Problem with that is the rapes happened after Candy was killed so time line kind of shoots that down.
There is nothing easy about this case. Detective is going to get a DNA sample on the gum which is a really good idea. I would have submitted it with the biological sample. But anyway the problem here is who got the sample of Morse from the prison? Did someone here go back and get it or did they rely on the prison to supply it?
If it came from the prison back there it has to be suspect. It's unlikely they have any biological samples from any of his earlier victims as those have a tendency to get lost over time. This case can be and should be solved.

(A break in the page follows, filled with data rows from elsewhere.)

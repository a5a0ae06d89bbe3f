-- ===== src/Recognizers/Prompts.antt =====
-- recognizers/llm.go: which prompt is recorded of a conversation.
use casdoor_aiguard.Common.Text.{Str, ◌==◌, codes, eq_iff}
use casdoor_aiguard.Common.{
  Option, none, some, List, [], ◌∷◌, ◌++◌, ◌≡◌, ◌≢◌, refl, arith, inl, inr, All, Bool-cases,
  if◌then◌else◌, ap,
}
use casdoor_aiguard.Json.{Json}
use casdoor_aiguard.Recognizers.Llm.{LlmMessage, last_user, last_user_prompt, message_text}

abbrev IsOther : LlmMessage → Type 0
IsOther m = m.role ≢ codes "user"

-- The last message of the user.
data Last (ms : List LlmMessage) : Option LlmMessage → Type 0 where
  is_last :
      (before : List LlmMessage) (m : LlmMessage) (after : List LlmMessage)
      → ms ≡ before ++ m ∷ after
      → m.role ≡ codes "user"
      → All (λ q. q.role ≢ codes "user") after
      → Last ms (some m)
  no_user : All (λ q. q.role ≢ codes "user") ms → Last ms none

last_user-Last : (ms : List LlmMessage) → Last ms (last_user ms)
unfolding last_user
last_user-Last [] = no_user tt
last_user-Last (m ∷ ms) = go (last_user ms) (last_user-Last ms)
  where
    go :
        (o : Option LlmMessage)
        → Last ms o
        → Last
            (m ∷ ms)
            (elim o [ some u ↦ some u | none ↦ if m.role == codes "user" then some m else none ])
    go _ (is_last before u after e r h) = is_last (m ∷ before) u after (ap (◌∷◌ m) e) r h
    go _ (no_user h) = elim (Bool-cases (m.role == codes "user")) [
      | inl e ↦ rw e (is_last [] m ms refl ((eq_iff m.role (codes "user")).0 e) h)
      | inr e ↦ rw e (no_user ((λ q. ground (arith, eq_iff m.role (codes "user"))), h))
    ]

-- The prompt of a conversation.
pub data IsPrompt (raw_text : Json → Str) (ms : List LlmMessage) : Str → Type 0 where
  asked :
      (before : List LlmMessage) (m : LlmMessage) (after : List LlmMessage)
      → ms ≡ before ++ m ∷ after
      → m.role ≡ codes "user"
      → All (λ q. q.role ≢ codes "user") after
      → IsPrompt raw_text ms (message_text raw_text m.content)
  silent : All (λ q. q.role ≢ codes "user") ms → IsPrompt raw_text ms []

-- The prompt of a conversation is the text of its last message of the user, and empty if there is
-- none.
pub last_user_prompt-IsPrompt :
    (raw_text : Json → Str) (ms : List LlmMessage)
    → IsPrompt raw_text ms (last_user_prompt raw_text ms)
unfolding last_user_prompt
last_user_prompt-IsPrompt raw_text ms = go (last_user ms) (last_user-Last ms)
  where
    go :
        (o : Option LlmMessage)
        → Last ms o
        → IsPrompt raw_text ms (elim o [ some m ↦ message_text raw_text m.content | none ↦ [] ])
    go _ (is_last before m after e r h) = asked before m after e r h
    go _ (no_user h) = silent h
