-- ===== src/Recognizers/Registry.antt =====
-- recognizers/registry.go, Recognize: which recognizer answers.
use casdoor_aiguard.Common.Text.{Str}
use casdoor_aiguard.Common.{
  Option, none, some, List, [], ◌∷◌, ◌++◌, ◌≡◌, refl, All, ap, Option-cases, inl, inr,
}
use casdoor_aiguard.Http.{Request}
use casdoor_aiguard.Intent.{Intent}
use casdoor_aiguard.Recognizers.{Recognizer, recognize_first}

module _ (host : Str) (req : Request) (body : Str) where
  abbrev pub Passes : Recognizer → Type 0
  Passes q = q.recognize host req body ≡ none

  -- What a list of recognizers makes of a request.
  pub data Reads (recs : List Recognizer) : Option (Intent × Str) → Type 0 where
    read :
        (before : List Recognizer) (r : Recognizer) (after : List Recognizer) (intent : Intent)
        → recs ≡ before ++ r ∷ after
        → All Passes before
        → r.recognize host req body ≡ some intent
        → Reads recs (some (record intent { destination = host }, r.name))
    unread : All Passes recs → Reads recs none

  Reads-cons :
      (q : Recognizer) (recs : List Recognizer) (out : Option (Intent × Str))
      → Passes q
      → Reads recs out
      → Reads (q ∷ recs) out
  Reads-cons q recs _ p (read before r after intent e h f) =
      read (q ∷ before) r after intent (ap (◌∷◌ q) e) (p, h) f
  Reads-cons q recs _ p (unread h) = unread (p, h)

  -- The first recognizer that recognizes the request gives the intent, with the host as its
  -- destination, and its name; nothing is recognized exactly if none of them does.
  pub recognize_first-Reads :
      (recs : List Recognizer) → Reads recs (recognize_first recs host req body)
  unfolding recognize_first
  recognize_first-Reads [] = unread tt
  recognize_first-Reads (q ∷ recs) = elim (Option-cases (q.recognize host req body)) [
    | inl e ↦ rw (e, recognize_first) (Reads-cons q recs _ e (recognize_first-Reads recs))
    | inr (intent, e) ↦ rw (e, recognize_first) (read [] q recs intent refl tt e)
  ]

It has dedicated people working on it and now science is there to help. But time is running out. All three of the good suspects are dead but I still feel it may be possible to track down direct relatives and check their DNA markers. They wouldn't be exact match but they might provide enough that you could say OK this was the person.
This case killed two people Candy and her father who committed suicide a few short years later. Candy reaches out from the grave and cries for us to solve her case. She touched the heart of everyone that lived in Spokane at the time.